I plan to rerun the script using a larger dict size and expect it can become better...

chenhsuanlin commented 1 year ago

@440981 @zParquet have you set the scene type to indoor in the data processing step? Also, you would need to make sure the bounding sphere encapsulates the entire indoor region.

wen-yuan-zhang commented 1 year ago

@chenhsuanlin I transformed the data type manually from raw scannet datset. I rescaled the scene so that the center of the scene lies in the coordinate origin (0,0,0) and the scale of the scene lies in the cube of [-0.5, 0.5]^3. I think this transformation plays the same role as "indoor" processing step. I noticed that neuralangelo initializes the scene as a sphere with radius 1, so I'm convinced that the scene is within the indoor region after transformation.

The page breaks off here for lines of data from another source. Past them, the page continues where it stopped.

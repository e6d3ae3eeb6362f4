-- ===== src/Diff/Size/Commands.antt =====
-- How many bytes the commands of src/diff.rs take in a vector.
use fast_rsync.Base.{
  ℕ, ◌+◌, ◌≤◌, ◌≡◌, arith, [], ◌∷◌, ◌++◌, Bytes, length, length-append, Bool-cases, inl, inr, leb,
  ◌==◌, ok, bind-ok, ◌^◌, ◌-◌,
}
use fast_rsync.Base.Words.{to_be_bytes}
use fast_rsync.Delta.Vec.{vec_write}
use fast_rsync.Diff.Command.{
  write, insert_bytes, insert_command, varint_bytes, write_varint, size_class_marker, copy_command,
}
use fast_rsync.Patch.Prefix.{ok-injective}

-- No more than the opcode and eight bytes of length.
length-insert_bytes : (n : ℕ) → length (insert_bytes n) ≤ 9
unfolding insert_bytes to_be_bytes
length-insert_bytes n = elim (Bool-cases (leb n 64)) [
  | inl t ↦ rw t (omega arith)
  | inr f ↦ elim (Bool-cases (leb n (2 ^ 8 - 1))) [
    | inl t ↦ rw (f, t) (omega arith)
    | inr f' ↦ elim (Bool-cases (leb n (2 ^ 16 - 1))) [
      | inl t ↦ rw (f, f', t) (omega arith)
      | inr f'' ↦ elim (Bool-cases (leb n (2 ^ 32 - 1))) [
        | inl t ↦ rw (f, f', f'', t) (omega arith)
        | inr f3 ↦ rw (f, f', f'', f3) (omega arith)
      ]
    ]
  ]
]

length-varint_bytes : (n : ℕ) → length (varint_bytes n) ≤ 8
unfolding varint_bytes to_be_bytes
length-varint_bytes n = elim (Bool-cases (leb n (2 ^ 8 - 1))) [
  | inl t ↦ rw t (omega arith)
  | inr f ↦ elim (Bool-cases (leb n (2 ^ 16 - 1))) [
    | inl t ↦ rw (f, t) (omega arith)
    | inr f' ↦ elim (Bool-cases (leb n (2 ^ 32 - 1))) [
      | inl t ↦ rw (f, f', t) (omega arith)
      | inr f'' ↦ rw (f, f', f'') (omega arith)
    ]
  ]
]

pub length-write :
    (bytes w w' : Bytes) → write {E = ⊥} bytes w ≡ ok w' → length w' ≡ length w + length bytes
unfolding write
length-write bytes w w' e =
    let same : w ++ bytes ≡ w' = ok-injective _ _ e in rw (← same) (length-append w bytes)

pub length-insert_command :
    (len : ℕ) (w w' : Bytes) → insert_command {E = ⊥} len w ≡ ok w' → length w' ≤ length w + 9
unfolding insert_command
length-insert_command len w w' e = elim (Bool-cases (len == 0)) [
  | inl t ↦ let e' = rw t at e in cc
  | inr f ↦ omega (arith, length-write (insert_bytes len) w w' (rw f at e), length-insert_bytes len)
]

pub length-copy_command :
    (offset len : ℕ) (w w' : Bytes)
    → copy_command {E = ⊥} offset len w ≡ ok w'
    → length w' ≤ length w + 17
unfolding copy_command write_varint
length-copy_command offset len w w' e =
    let (w1, e1, first) = bind-ok w' _ (write (size_class_marker offset len ∷ []) w) e in
    let (w2, e2, second) = bind-ok w' _ (write (varint_bytes offset) w1) e1 in
    omega (
      arith,
      length-write _ w w1 first,
      length-write _ w1 w2 second,
      length-write _ w2 w' e2,
      length-varint_bytes offset,
      length-varint_bytes len,
    )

chenhsuanlin commented 1 year ago

@zParquet we have pushed an update to main yesterday that fixed a checkpoint issue which may be related. Could you pull and try running the pipeline again? Please let me know if there are further issues with the latest code.

LSK0821 commented 8 months ago

@zParquet Hello, do you have solved it? I met the same problem, poor performance on Scannet dataset.

alan355 commented 6 months ago

This time I trained scannet scene0050_00 for 500k iters. It seems better than that of 30k iters, but is still bad :(

I plan to rerun the script using a larger dict size and expect it can become better...

Have you solved this problem? I'm having the same issue with the indoor dataset as you

wen-yuan-zhang commented 6 months ago

I did not get a satisfied result at last😥. I'm afraid that maybe there is some generalization ability limit of neuralangelo in indoor scene datatset. If anyone can obtain better results, please let me know where I made mistakes.